Far-Fetched Whistleblower Claim of the Month

The hospital industry is accustomed to far-fetched whistleblower claims: allegations that a hospital knowingly submitted false or fraudulent Medicare or Medicaid claims or fired a whistleblower for trying to prevent such activity.  But in terms of far-fetched claims decided in January, whistleblower Jana Endicott wins the prize.

Jana was a nurse at Oakbend Medical Center, in Texas.  She thought some of Oakbend’s IT personnel were working on company time for a private company owned by a husband and wife who also worked at Oakbend.  That bothered her, so she complained.  She got fired.

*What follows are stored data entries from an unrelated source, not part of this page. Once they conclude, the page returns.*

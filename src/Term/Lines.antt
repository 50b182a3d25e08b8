-- ===== src/Term/Lines.antt =====
-- The handlers of `Term` in alacritty_terminal/src/term/mod.rs that scroll, insert and delete lines, with
-- the selection and the cursor of the vi mode that move along.
use alacritty_pro.Prelude.{
  ℕ, suc, ◌-◌, ◌^◌, min, Bool, true, ◌&&◌, not, Option, none, some, leb, if◌then◌else◌, ◌>>=◌, ◌>>◌,
  assert,
}
use alacritty_pro.Prelude.Int.{ℤ, pos, negsuc, ◌-ℤ◌, neg, min_ℤ, max_ℤ, ltb_ℤ, leb_ℤ, eq_ℤ}
use alacritty_pro.Index.{Point, add_line, sub_line}
use alacritty_pro.Row.{GridCell}
use alacritty_pro.Grid.Defs
use alacritty_pro.Grid.Defs.{Grid, Region, dimensions, reset_region}
use alacritty_pro.Selection
use alacritty_pro.Selection.{Selection}
use alacritty_pro.Term.{
  Term, place, cursor_line, cursor_column, damage_cursor, carriage_return, set_scrolling_region,
}

-- `as usize` of an `i32`.
abbrev pub as_usize : ℤ → ℕ
as_usize (pos n) = n
as_usize (negsuc n) = 2 ^ 64 - suc n

-- `Range::contains`
abbrev pub in_region : Region → ℤ → Bool
in_region region line = leb_ℤ region.start line && ltb_ℤ line region.end

unfoldable pub lower_vi_cursor : Region → ℕ → Point → Point
lower_vi_cursor region lines p =
    if in_region region p.line
    then record p { line = min_ℤ (add_line p.line lines) (sub_line region.end 1) }
    else p

unfoldable pub raise_vi_cursor : Region → ℕ → ℕ → Point → Point
raise_vi_cursor region display_offset lines p =
    let viewport_top = neg (pos display_offset) in
    let top = if eq_ℤ region.start (pos 0) then viewport_top else region.start in
    if leb_ℤ top p.line && ltb_ℤ p.line region.end
    then record p { line = max_ℤ (sub_line p.line lines) top }
    else p

module _ {T : Type 0} where
  abbrev pub mark_fully_damaged : Term T → Term T
  mark_fully_damaged t = record t { damage = record t.damage { full = true } }

  unfoldable pub rotate_selection : Term T → Region → ℤ → Option Selection
  unfolding Selection.rotate
  rotate_selection t region delta =
      t.selection >>= (λ s. Selection.rotate s (dimensions t.grid) region delta)

  -- The selection without one that intersects a range of lines.
  unfoldable pub keep_selection : Term T → Option ℤ → Option ℤ → Option Selection
  unfolding Selection.intersects_range
  keep_selection t top bottom =
      t.selection >>= (λ s. if Selection.intersects_range s top bottom then none else some s)

  -- A motion of the cursor by whole lines that reports both its places.
  unfoldable pub step_line : Term T → ℤ → Option (Term T)
  unfolding damage_cursor
  step_line t line = do
    t1 ← damage_cursor t
    damage_cursor (place t1 (record { line = line; column = cursor_column t1 }))

module _ {T : Type 0} ⦃cell : GridCell T⦄ where
  unfoldable pub scroll_down_relative : Term T → ℤ → ℕ → Option (Term T)
  unfolding rotate_selection lower_vi_cursor Defs.scroll_down
  scroll_down_relative t origin lines =
      let height = min lines (as_usize (t.scroll_region.end -ℤ t.scroll_region.start)) in
      let n = min height (as_usize (t.scroll_region.end -ℤ origin)) in
      let region : Region = record { start = origin; end = t.scroll_region.end } in
      Defs.scroll_down t.grid region n >>= (λ grid. some (
        mark_fully_damaged (record t {
          grid = grid;
          selection = rotate_selection t region (neg (pos n));
          vi_mode_cursor = lower_vi_cursor region n t.vi_mode_cursor;
        })))

  unfoldable pub scroll_up_relative : Term T → ℤ → ℕ → Option (Term T)
  unfolding rotate_selection raise_vi_cursor Defs.scroll_up
  scroll_up_relative t origin lines =
      let n = min lines (as_usize (t.scroll_region.end -ℤ t.scroll_region.start)) in
      let region : Region = record { start = origin; end = t.scroll_region.end } in
      Defs.scroll_up t.grid region n >>= (λ grid. some (
        mark_fully_damaged (record t {
          grid = grid;
          selection = rotate_selection t region (pos n);
          vi_mode_cursor = raise_vi_cursor region grid.display_offset n t.vi_mode_cursor;
        })))

  unfoldable pub scroll_up : Term T → ℕ → Option (Term T)
  unfolding scroll_up_relative
  scroll_up t lines = scroll_up_relative t t.scroll_region.start lines

  unfoldable pub scroll_down : Term T → ℕ → Option (Term T)
  unfolding scroll_down_relative
  scroll_down t lines = scroll_down_relative t t.scroll_region.start lines

  unfoldable pub insert_blank_lines : Term T → ℕ → Option (Term T)
  unfolding scroll_down_relative
  insert_blank_lines t lines =
      let inserted = scroll_down_relative t (cursor_line t) lines in
      if in_region t.scroll_region (cursor_line t) then inserted else some t

  unfoldable pub delete_lines : Term T → ℕ → Option (Term T)
  unfolding scroll_up_relative
  delete_lines t lines =
      let origin = cursor_line t in
      let n = min (t.grid.lines - as_usize origin) lines in
      let deleted = scroll_up_relative t origin n in
      assert (leb (as_usize origin) t.grid.lines)
      >> (if not (leb n 0) && in_region t.scroll_region origin then deleted else some t)

  unfoldable pub linefeed : Term T → Option (Term T)
  unfolding scroll_up step_line
  linefeed t =
      let next = add_line (cursor_line t) 1 in
      let scrolled = scroll_up t 1 in
      let stepped = step_line t next in
      if eq_ℤ next t.scroll_region.end
      then scrolled
      else if ltb_ℤ next (pos t.grid.lines)
      then stepped
      else some t

  unfoldable pub newline : Term T → Option (Term T)
  unfolding linefeed carriage_return
  newline t = do t' ← linefeed t; if t'.line_feed_new_line then carriage_return t' else some t'

  unfoldable pub reverse_index : Term T → Option (Term T)
  unfolding scroll_down step_line
  reverse_index t =
      let scrolled = scroll_down t 1 in
      let stepped = step_line t (max_ℤ (sub_line (cursor_line t) 1) (pos 0)) in
      if eq_ℤ (cursor_line t) t.scroll_region.start then scrolled else stepped

  unfoldable pub deccolm : Term T → Option (Term T)
  unfolding set_scrolling_region reset_region
  deccolm t = do
    t1 ← set_scrolling_region t 1 none
    grid ← reset_region t1.grid (pos 0) (pos t1.grid.lines)
    some (mark_fully_damaged (record t1 { grid = grid }))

Jana filed a whistleblower action against Oakbend, claiming that Oakbend violated the False Claims Act (FCA) and fired her for complaining about it.

What were the alleged FCA violations?  Jana’s saw it this way: “Medicare, Medicaid … provided a substantial amount of revenue to Oakbend,” so when Oakbend let employees work for somebody else on company time, it was wasting federal money and therefore violating the FCA.

If you can’t make the connection between wasting money and violating the FCA, you’re on the same wave length as Judge Nancy Atlas.  She granted the defendants’ motion to dismiss.  As she saw it, Jana’s complaint had the fatal flaw of failing to allege that Oakbend submitted any false claims.  At most, Jana was alleging that the hospital wasted some of the money it had received through perfectly valid Medicare and Medicaid claims.

The case is Endicott v. Oakbend Med. Center, No. 4:16-cv-01835 (S.D. Tex., Jan. 30, 2017).).